3.8. Transcription of Respiratory Chain Genes. In aerobic metabolism, the respiratory chain typically uses proteins that require iron as a cofactor [38]. When R. anatipestifer CH-1 was grown in iron-limited medium, the expression of genes coding for cytochrome biogenesis protein (B739_0948), periplasmic cytochrome c552 subunit (B739_0946), and cytochrome C (B739_0186) were downregulated (Table S3). It indicated that iron restriction hindered R. anatipestifer aerobic metabolism. Similarly, in other bacteria, such as Pseudomonas fluorescens Pf-5, the transcription levels of genes encoding cytochrome c-type biogenesis proteins (PFL_1684-88) and subunits of cbb3-type cytochrome c oxidases (PFL_1922-25, PFL_2834) are downregulated in iron-limited versus iron-replete medium [28].

3.9. Transcription of Genes Related to Natural Competence. Natural transformation refers to the process by which bacteria can actively take up and integrate exogenous DNA. Natural transformation is a major mechanism of horizontal gene transfer (HGT) and plays a prominent role in bacterial evolution [39]. The process of Vibrio cholerae natural transformation involves four steps: DNA-binding via type IV pili, DNA pulling via ComEA, DNA translocation via ComEC, and DNA recombination by the single-strand DNA-binding proteins DprA and RecA [40]. Previously, we found that R. anatipestifer CH-1 is naturally competent [41]. In R. anatipestifer CH-1, no putative type IV pilus locus is evident in the genome. In R. anatipestifer CH-1, two proteins that are predicted to be involved in the DNA uptake process, a ComEC homologue (B739_1095) and a gene encoding a single-strand DNA-binding protein (B739_1757), were downregulated in iron-limited conditions. One possibility for this phenomenon is that these proteins require iron for activity, as well as iron being predicted to be involved in the natural transformation process. This relationship between natural transformation and iron availability has not yet been described.

4. Conclusion

In this study, we examined the transcriptomic impact of iron limitation on R. anatipestifer CH-1 by comparing iron-limited TSB cultures with iron-replete TSB cultures. This transcriptome analysis identified numerous genes involved in R. anatipestifer CH-1 iron utilization. Under iron limitation, we observed changes in the transcription levels of genes related to iron homeostasis functions, such as the Feo system, the ICS system, and other iron uptake systems. Iron limitation also resulted in several unexpected responses, particularly the increased transcription of the ribosomal protein genes L18, L15, and L31. The data in this study were useful for identifying genes involved in iron utilization in R. anatipestifer CH-1 and for shedding light on the adaptation mechanisms of R. anatipestifer CH-1 in iron-limited environments, such as hosts.

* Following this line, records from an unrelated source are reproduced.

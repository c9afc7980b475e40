-- ===== src/Sim/Base64/Accepts.antt =====
-- Which texts the decoder accepts.
use Prim.Native.Nat.{bit_or}
use mathlib.Core.Path.{fun_ext}
use micro_tech.Prelude.{
  ℕ, suc, ◌+◌, ◌-◌, ◌*◌, ◌/◌, ◌%◌, ◌^◌, ◌<◌, ◌≤◌, ◌≡◌, refl, Bool, true, false, not, ◌&&◌, ◌||◌,
  none, some, List, [], ◌∷◌, length, length_snoc, keep, leb, ◌==◌, if◌then◌else◌, arith, Bool-cases,
  Option-cases, inl, inr, ap, ◌∙◌,
}
use micro_tech.Sim.Base64.{
  Code, done, malformed, short, Decoder, Turn, go, stop, value, is_blank, turn, shift_in,
  decode_loop, empty, base64_decode, set_olen,
}

-- The alphabet of RFC 4648, written out.
abbrev pub is_digit : ℕ → Bool
is_digit ch =
    (leb b'A' ch && leb ch b'Z')
    || (leb b'a' ch && leb ch b'z')
    || (leb b'0' ch && leb ch b'9')
    || ch == b'+'
    || ch == b'/'

-- The characters that are not white space: carriage return, line feed, blank and tabulator.
abbrev pub letters : List ℕ → List ℕ
letters = keep (λ ch. not (ch == 13 || ch == 10 || ch == 32 || ch == 9))

abbrev pub all_pads : List ℕ → Bool
all_pads [] = true
all_pads (ch ∷ s) = ch == b'=' && all_pads s

module _ (test : ℕ → Bool) where
  -- How many digits a text starts with.
  abbrev pub digits : List ℕ → ℕ
  digits [] = 0
  digits (ch ∷ s) = if test ch then suc (digits s) else 0

  abbrev pub ends_in_pads : List ℕ → Bool
  ends_in_pads [] = true
  ends_in_pads (ch ∷ s) = let rest = ends_in_pads s in if test ch then rest else all_pads (ch ∷ s)

-- Digits and then any number of `=`, white space aside; one digit over a multiple of four is too
-- few for a byte.
unfoldable pub is_base64 : List ℕ → Bool
is_base64 src = ends_in_pads is_digit (letters src) && not (digits is_digit (letters src) % 4 == 1)

-- What the decoder takes for a digit.
abbrev has_value : ℕ → Bool
has_value ch = elim (value ch) [ none ↦ false | some v ↦ true ]

has_value-is_digit : (ch : ℕ) → has_value ch ≡ is_digit ch
unfolding value
has_value-is_digit ch = ground arith

abbrev pub code_of : Bool → Code
code_of accepted = if accepted then done else malformed

pad_is_plain : (ch : ℕ) → (ch == b'=') ≡ true → (is_blank ch ≡ false) × (value ch ≡ none)
unfolding value
pad_is_plain ch h = ground arith

loop_padded :
    (dlen : ℕ) (src : List ℕ) (d : Decoder)
    → d.padding ≡ true
    → (decode_loop dlen src d).0 ≡ code_of (all_pads (letters src) && not (leb 6 d.bits))
unfolding decode_loop turn
loop_padded dlen [] d h = ground arith
loop_padded dlen (ch ∷ src) d h =
    ground (arith, loop_padded dlen src d, loop_padded dlen src (record d { padding = true }))

-- After `n` digits, six bits for each stored or held, and less than a byte held.
record Read (n : ℕ) (d : Decoder) : Type 0 where
  bits_read : 8 * length d.out + d.bits ≡ 6 * n
  less_than_byte : d.bits < 8
  unpadded : d.padding ≡ false

-- The turn goes on, in a decoder of which `P` holds.
abbrev GoesOn : (Decoder → Type 0) → Turn → Type 0
GoesOn P (stop code) = ⊥
GoesOn P (go d) = P d

shift_in-GoesOn :
    (dlen v n : ℕ) (d : Decoder)
    → Read n d
    → 6 * suc n ≤ 8 * dlen
    → GoesOn (Read (suc n)) (shift_in dlen v d)
unfolding shift_in
shift_in-GoesOn dlen v n d i room = elim (Bool-cases (leb 8 (d.bits + 6))) [
  | inl full ↦
      let more : leb dlen (length d.out) ≡ false = ground (arith, i.bits_read) in
      rw (full, if◌then◌else◌, more, if◌then◌else◌)
        (record {
          bits_read = ground (
            arith,
            i.bits_read,
            length_snoc d.out
                (bit_or (d.accumulator * 2 ^ 6 % 2 ^ 32) v / 2 ^ (d.bits + 6 - 8) % 2 ^ 8),
          );
          less_than_byte = omega (arith, i.less_than_byte);
          unpadded = i.unpadded;
        })
  | inr some_left ↦
      rw (some_left, if◌then◌else◌)
        (record {
          bits_read = omega (arith, i.bits_read);
          less_than_byte = ground arith;
          unpadded = i.unpadded;
        })
]

loop-GoesOn :
    (dlen v n : ℕ) (d : Decoder) (src : List ℕ) (t : Turn) (c : Code)
    → GoesOn (Read (suc n)) t
    → ((d' : Decoder) → Read (suc n) d' → (decode_loop dlen src d').0 ≡ c)
    → let r : Code × List ℕ = elim t [
      | stop code ↦ (code, d.out)
      | go d' ↦ decode_loop dlen src d'
    ] in
      r.0 ≡ c
loop-GoesOn dlen v n d src (stop code) c on h = absurd on
loop-GoesOn dlen v n d src (go d') c on h = h d' on

turn_digit :
    (dlen v ch : ℕ) (d : Decoder)
    → is_blank ch ≡ false
    → (ch == b'=') ≡ false
    → d.padding ≡ false
    → value ch ≡ some v
    → turn dlen ch d ≡ shift_in dlen v d
unfolding turn
turn_digit dlen v ch d plain other early e = ground arith

-- The loop on a digit, when no padding stands before it.
loop_digit :
    (dlen v n ch : ℕ) (src : List ℕ) (d : Decoder) (c : Code)
    → Read n d
    → 6 * suc n ≤ 8 * dlen
    → is_blank ch ≡ false
    → (ch == b'=') ≡ false
    → value ch ≡ some v
    → ((d' : Decoder) → Read (suc n) d' → (decode_loop dlen src d').0 ≡ c)
    → (decode_loop dlen (ch ∷ src) d).0 ≡ c
unfolding decode_loop
loop_digit dlen v n ch src d c i room plain other e h =
    rw (turn_digit dlen v ch d plain other i.unpadded e, decode_loop)
      (loop-GoesOn dlen v n d src (shift_in dlen v d) c (shift_in-GoesOn dlen v n d i room) h)

loop_other :
    (dlen n ch : ℕ) (src : List ℕ) (d : Decoder)
    → Read n d
    → is_blank ch ≡ false
    → (ch == b'=') ≡ false
    → value ch ≡ none
    → (decode_loop dlen (ch ∷ src) d).0 ≡ malformed
unfolding decode_loop turn
loop_other dlen n ch src d i plain other e = ground (arith, i.unpadded)

loop_blank :
    (dlen ch : ℕ) (src : List ℕ) (d : Decoder)
    → is_blank ch ≡ true
    → (decode_loop dlen (ch ∷ src) d).0 ≡ (decode_loop dlen src d).0
unfolding decode_loop turn
loop_blank dlen ch src d blank = ground arith

loop_pad :
    (dlen ch : ℕ) (src : List ℕ) (d : Decoder)
    → (ch == b'=') ≡ true
    → (decode_loop dlen (ch ∷ src) d).0 ≡ (decode_loop dlen src (record d { padding = true })).0
unfolding decode_loop turn
loop_pad dlen ch src d pad = ground (arith, pad_is_plain ch)

loop_accepts :
    (dlen n : ℕ) (src : List ℕ) (d : Decoder)
    → Read n d
    → 6 * (n + length src) ≤ 8 * dlen
    → (decode_loop dlen src d).0
      ≡ code_of (
          ends_in_pads has_value (letters src)
          && not ((n + digits has_value (letters src)) % 4 == 1))
loop_accepts dlen n [] d i room =
    unfold decode_loop in ground (arith, i.bits_read, i.less_than_byte)
loop_accepts dlen n (ch ∷ src) d i room = elim (Bool-cases (is_blank ch)) [
  | inl blank ↦
      rw (blank, if◌then◌else◌)
        (loop_blank dlen ch src d blank ∙ loop_accepts dlen n src d i (omega arith))
  | inr plain ↦ elim (Bool-cases (ch == b'=')) [
    | inl pad ↦
        loop_pad dlen ch src d pad
        ∙ loop_padded dlen src (record d { padding = true }) refl
        ∙ ground (arith, i.bits_read, i.less_than_byte, pad_is_plain ch)
    | inr other ↦ elim (Option-cases (value ch)) [
      | inl e ↦ loop_other dlen n ch src d i plain other e ∙ ground (arith)
      | inr (v, e) ↦ loop_digit dlen v n ch src d _ i (omega arith) plain other e (λ d' i'.
          loop_accepts dlen (suc n) src d' i' (omega arith)
          ∙ rw (plain, if◌then◌else◌, e) (ground arith))
    ]
  ]
]

code-set_olen : (wanted : Bool) (p : Code × List ℕ) → (set_olen wanted p).code ≡ p.0
code-set_olen wanted (done, out) = refl
code-set_olen wanted (malformed, out) = refl
code-set_olen wanted (short, out) = refl

-- With room for three bytes of each four characters, the decoder accepts exactly the texts that
-- are digits of the alphabet (A to Z, a to z, 0 to 9, + and /) and then any number of `=`, white space left aside, where the number
-- of digits is not one more than a multiple of four; all other texts are malformed.
pub base64_decode_accepts :
    (dlen : ℕ) (wanted : Bool) (src : List ℕ)
    → 3 * length src ≤ 4 * dlen
    → (base64_decode (some dlen) wanted (some src)).code ≡ code_of (is_base64 src)
unfolding base64_decode is_base64
base64_decode_accepts dlen wanted src room =
    code-set_olen wanted (decode_loop dlen src empty)
    ∙ loop_accepts dlen 0 src empty start (omega arith)
    ∙ ap (λ (n : ℕ). code_of (ends_in_pads has_value (letters src) && not (n % 4 == 1)))
        (omega arith)
    ∙ ap
        (λ (test : ℕ → Bool).
          code_of (ends_in_pads test (letters src) && not (digits test (letters src) % 4 == 1)))
        (fun_ext has_value-is_digit)
  where
    start : Read 0 empty
    start = record { bits_read = omega arith; less_than_byte = omega arith; unpadded = refl }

RNA-Seq:      RNA sequencing
qRT-PCR:      Quantitative reverse transcription
              polymerase chain reaction
HGT:          Horizontal gene transfer
DEGs:         Differentially expressed genes
KEGG:         Kyoto encyclopedia of genes and genomes
GO:           Gene Ontology
ICS:          Iron capture system
FPKM:         Expected number of Fragments Per
              Kilobase of transcript sequence per
              Million base pairs sequenced.

Conflicts of Interest

The authors declare that they have no competing interests.

Authors' Contributions

MaFeng Liu and AnChun Cheng conceived and designed the experiments. MaFeng Liu and Mi Huang performed the experiments. Francis Biville, MingShu Wang, DeKang Zhu, RenYong Jia, Shun Chen, and KunFeng Sun analyzed the data. Ying Wu and Qiao Yang contributed reagents/materials/analysis tools. MaFeng Liu and Mi Huang wrote the paper. All authors have reviewed the manuscript. MaFeng Liu and Mi Huang contributed equally to this work.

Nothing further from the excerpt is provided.